[Task objective] In your reply, write out the records exactly, each line intact.

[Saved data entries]
-=-=-
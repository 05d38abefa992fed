-- ===== src/Examples.antt =====
-- The theorems of the smaller parts, applied to concrete inputs.
use breakin.Base.{◌≡◌, ◌+◌, refl, List, [], ◌∷◌, ◌++◌, none, some, arith, length, take}
use breakin.Text.{Bytes, codes, contains, starts_with, decimal2, decimal_onto, decimal}
use breakin.Trim.{trim_at, trim, trim_buffer}
use breakin.Trim.Shift.{NoNul}
use breakin.Trim.Strip.{trim_at-trim, trim_at_underrun}
use breakin.Log.{error}
use breakin.Log.Clock.{running_time, split_time}
use breakin.Tail.{
  tail_file, monitor_syslog, show_log, take_line, read_lines, severe_calls, log_lines,
}
use breakin.Number.{skip_white}
use breakin.Options.{Opt, update_interval, disable_test, ssh, default_settings, do_options}
use breakin.Options.Last.{chosen, do_options_lem}
use breakin.Cpu.{Cpu, sample}
use breakin.Cpu.Wrap.{Times, observe, sample-sample}
use breakin.Disks.{Sys, max_disks, get_hd_info}
use breakin.Disks.Found.{NoBlank, disks_of, get_hd_info_lem}
use breakin.Hpl.{Grid, print_grid, calc_pq}
use breakin.Hpl.Square.{IsSquarest, calc_pq-IsSquarest}

abbrev padded : Bytes
padded = codes " \tab \n"

padded-NoNul : NoNul padded
padded-NoNul = ground arith

blanks-NoNul : NoNul (codes "  ")
blanks-NoNul = ground arith

padded_text : trim padded ≡ codes "ab"
unfolding trim
padded_text = refl

blanks_text : trim (codes "  ") ≡ []
unfolding trim
blanks_text = refl

trim_at-trim_example :
    (junk : Bytes) × (trim_at (1 ∷ (padded ++ 0 ∷ 9 ∷ [])) 1 ≡ some (1 ∷ (trim padded ++ 0 ∷ junk)))
    × (length (trim padded) + length junk ≡ 7)
trim_at-trim_example =
    trim_at-trim padded padded-NoNul (1 ∷ []) (9 ∷ []) (λ e. ground (arith, padded_text))

trim_at_underrun_example : trim_at (codes "  " ++ 0 ∷ []) 0 ≡ none
trim_at_underrun_example = trim_at_underrun (codes "  ") blanks-NoNul [] blanks_text

calc_pq-IsSquarest_example : (g : Grid) × (calc_pq 12 ≡ some g) × IsSquarest 12 g
calc_pq-IsSquarest_example = calc_pq-IsSquarest 12 (omega arith)

abbrev chosen_options : List Opt
chosen_options =
    update_interval (codes "5")
    ∷ disable_test (codes "hpl")
    ∷ update_interval (codes "60")
    ∷ ssh
    ∷ []

do_options_lem_example :
    do_options chosen_options default_settings ≡ some (chosen chosen_options default_settings)
do_options_lem_example = do_options_lem chosen_options default_settings

abbrev before : Times
before = record { user = 4294967290; nice = 0; sys = 10; idle = 4294967000 }

abbrev after : Times
after = record { user = 4294967300; nice = 0; sys = 20; idle = 4294967380 }

abbrev new_cpu : Cpu
new_cpu = record {
  cpu_idle = 0;
  cpu_usage = 0;
  last_idle = 0;
  last_usage = 0;
  percent = record { used = 0; total = 0 };
}

sample-sample_example :
    (sample (observe after) (sample (observe before) new_cpu)).percent
    ≡ record { used = 20; total = 20 + 380 }
sample-sample_example = sample-sample before after new_cpu (omega arith) (omega arith) (omega arith)

-- every attribute reads "0"
abbrev zeros_sys : Sys
zeros_sys name = some (codes "0\n")

zeros_sys-NoBlank : NoBlank zeros_sys
unfolding skip_white
zeros_sys-NoBlank name content e h = cc (e, h)

abbrev block_dir : List Bytes
block_dir = codes "." ∷ codes "sda" ∷ codes "loop0" ∷ codes "hdb" ∷ []

get_hd_info_lem_example :
    get_hd_info zeros_sys (some block_dir) [] []
    ≡ some (take max_disks (disks_of zeros_sys block_dir))
get_hd_info_lem_example = get_hd_info_lem zeros_sys block_dir [] [] zeros_sys-NoBlank

-- Runs of the parts that no theorem stands for.
syslog_run :
    monitor_syslog (some 2) (some (codes "a\nkern.err disk \nkern.info ok\n"))
    ≡ some (some 30, error (codes "kern.err disk") ∷ [])
unfolding monitor_syslog severe_calls tail_file read_lines take_line trim_buffer contains
    starts_with
syslog_run = refl

error_log_run :
    show_log (some 2) (some (codes "a\n  bad fan\n")) ≡ some (some 12, error (codes "bad fan") ∷ [])
unfolding show_log log_lines tail_file read_lines take_line trim_buffer
error_log_run = refl

grid_run : print_grid (record { ps = 3; qs = 4 }) ≡ codes "3            Ps\n4            Qs\n"
unfolding print_grid decimal decimal_onto
grid_run = refl

clock_run : running_time 3661 ≡ codes "01h 01m 01s"
unfolding running_time split_time decimal2 decimal decimal_onto
clock_run = refl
-=-=-
[Completed exercise]
repository 05d38abefa992fed
-- ===== src/Examples.antt =====
-- The theorems of the smaller parts, applied to concrete inputs.
use breakin.Base.{◌≡◌, ◌+◌, refl, List, [], ◌∷◌, ◌++◌, none, some, arith, length, take}
use breakin.Text.{Bytes, codes, contains, starts_with, decimal2, decimal_onto, decimal}
use breakin.Trim.{trim_at, trim, trim_buffer}
use breakin.Trim.Shift.{NoNul}
use breakin.Trim.Strip.{trim_at-trim, trim_at_underrun}
use breakin.Log.{error}
use breakin.Log.Clock.{running_time, split_time}
use breakin.Tail.{
  tail_file, monitor_syslog, show_log, take_line, read_lines, severe_calls, log_lines,
}
use breakin.Number.{skip_white}
use breakin.Options.{Opt, update_interval, disable_test, ssh, default_settings, do_options}
use breakin.Options.Last.{chosen, do_options_lem}
use breakin.Cpu.{Cpu, sample}
use breakin.Cpu.Wrap.{Times, observe, sample-sample}
use breakin.Disks.{Sys, max_disks, get_hd_info}
use breakin.Disks.Found.{NoBlank, disks_of, get_hd_info_lem}
use breakin.Hpl.{Grid, print_grid, calc_pq}
use breakin.Hpl.Square.{IsSquarest, calc_pq-IsSquarest}

abbrev padded : Bytes
padded = codes " \tab \n"

padded-NoNul : NoNul padded
padded-NoNul = ground arith

blanks-NoNul : NoNul (codes "  ")
blanks-NoNul = ground arith

padded_text : trim padded ≡ codes "ab"
unfolding trim
padded_text = refl

blanks_text : trim (codes "  ") ≡ []
unfolding trim
blanks_text = refl

trim_at-trim_example :
    (junk : Bytes) × (trim_at (1 ∷ (padded ++ 0 ∷ 9 ∷ [])) 1 ≡ some (1 ∷ (trim padded ++ 0 ∷ junk)))
    × (length (trim padded) + length junk ≡ 7)
trim_at-trim_example =
    trim_at-trim padded padded-NoNul (1 ∷ []) (9 ∷ []) (λ e. ground (arith, padded_text))

trim_at_underrun_example : trim_at (codes "  " ++ 0 ∷ []) 0 ≡ none
trim_at_underrun_example = trim_at_underrun (codes "  ") blanks-NoNul [] blanks_text

calc_pq-IsSquarest_example : (g : Grid) × (calc_pq 12 ≡ some g) × IsSquarest 12 g
calc_pq-IsSquarest_example = calc_pq-IsSquarest 12 (omega arith)

abbrev chosen_options : List Opt
chosen_options =
    update_interval (codes "5")
    ∷ disable_test (codes "hpl")
    ∷ update_interval (codes "60")
    ∷ ssh
    ∷ []

do_options_lem_example :
    do_options chosen_options default_settings ≡ some (chosen chosen_options default_settings)
do_options_lem_example = do_options_lem chosen_options default_settings

abbrev before : Times
before = record { user = 4294967290; nice = 0; sys = 10; idle = 4294967000 }

abbrev after : Times
after = record { user = 4294967300; nice = 0; sys = 20; idle = 4294967380 }

abbrev new_cpu : Cpu
new_cpu = record {
  cpu_idle = 0;
  cpu_usage = 0;
  last_idle = 0;
  last_usage = 0;
  percent = record { used = 0; total = 0 };
}

sample-sample_example :
    (sample (observe after) (sample (observe before) new_cpu)).percent
    ≡ record { used = 20; total = 20 + 380 }
sample-sample_example = sample-sample before after new_cpu (omega arith) (omega arith) (omega arith)

-- every attribute reads "0"
abbrev zeros_sys : Sys
zeros_sys name = some (codes "0\n")

zeros_sys-NoBlank : NoBlank zeros_sys
unfolding skip_white
zeros_sys-NoBlank name content e h = cc (e, h)

abbrev block_dir : List Bytes
block_dir = codes "." ∷ codes "sda" ∷ codes "loop0" ∷ codes "hdb" ∷ []

get_hd_info_lem_example :
    get_hd_info zeros_sys (some block_dir) [] []
    ≡ some (take max_disks (disks_of zeros_sys block_dir))
get_hd_info_lem_example = get_hd_info_lem zeros_sys block_dir [] [] zeros_sys-NoBlank

-- Runs of the parts that no theorem stands for.
syslog_run :
    monitor_syslog (some 2) (some (codes "a\nkern.err disk \nkern.info ok\n"))
    ≡ some (some 30, error (codes "kern.err disk") ∷ [])
unfolding monitor_syslog severe_calls tail_file read_lines take_line trim_buffer contains
    starts_with
syslog_run = refl

error_log_run :
    show_log (some 2) (some (codes "a\n  bad fan\n")) ≡ some (some 12, error (codes "bad fan") ∷ [])
unfolding show_log log_lines tail_file read_lines take_line trim_buffer
error_log_run = refl

grid_run : print_grid (record { ps = 3; qs = 4 }) ≡ codes "3            Ps\n4            Qs\n"
unfolding print_grid decimal decimal_onto
grid_run = refl

clock_run : running_time 3661 ≡ codes "01h 01m 01s"
unfolding running_time split_time decimal2 decimal decimal_onto
clock_run = refl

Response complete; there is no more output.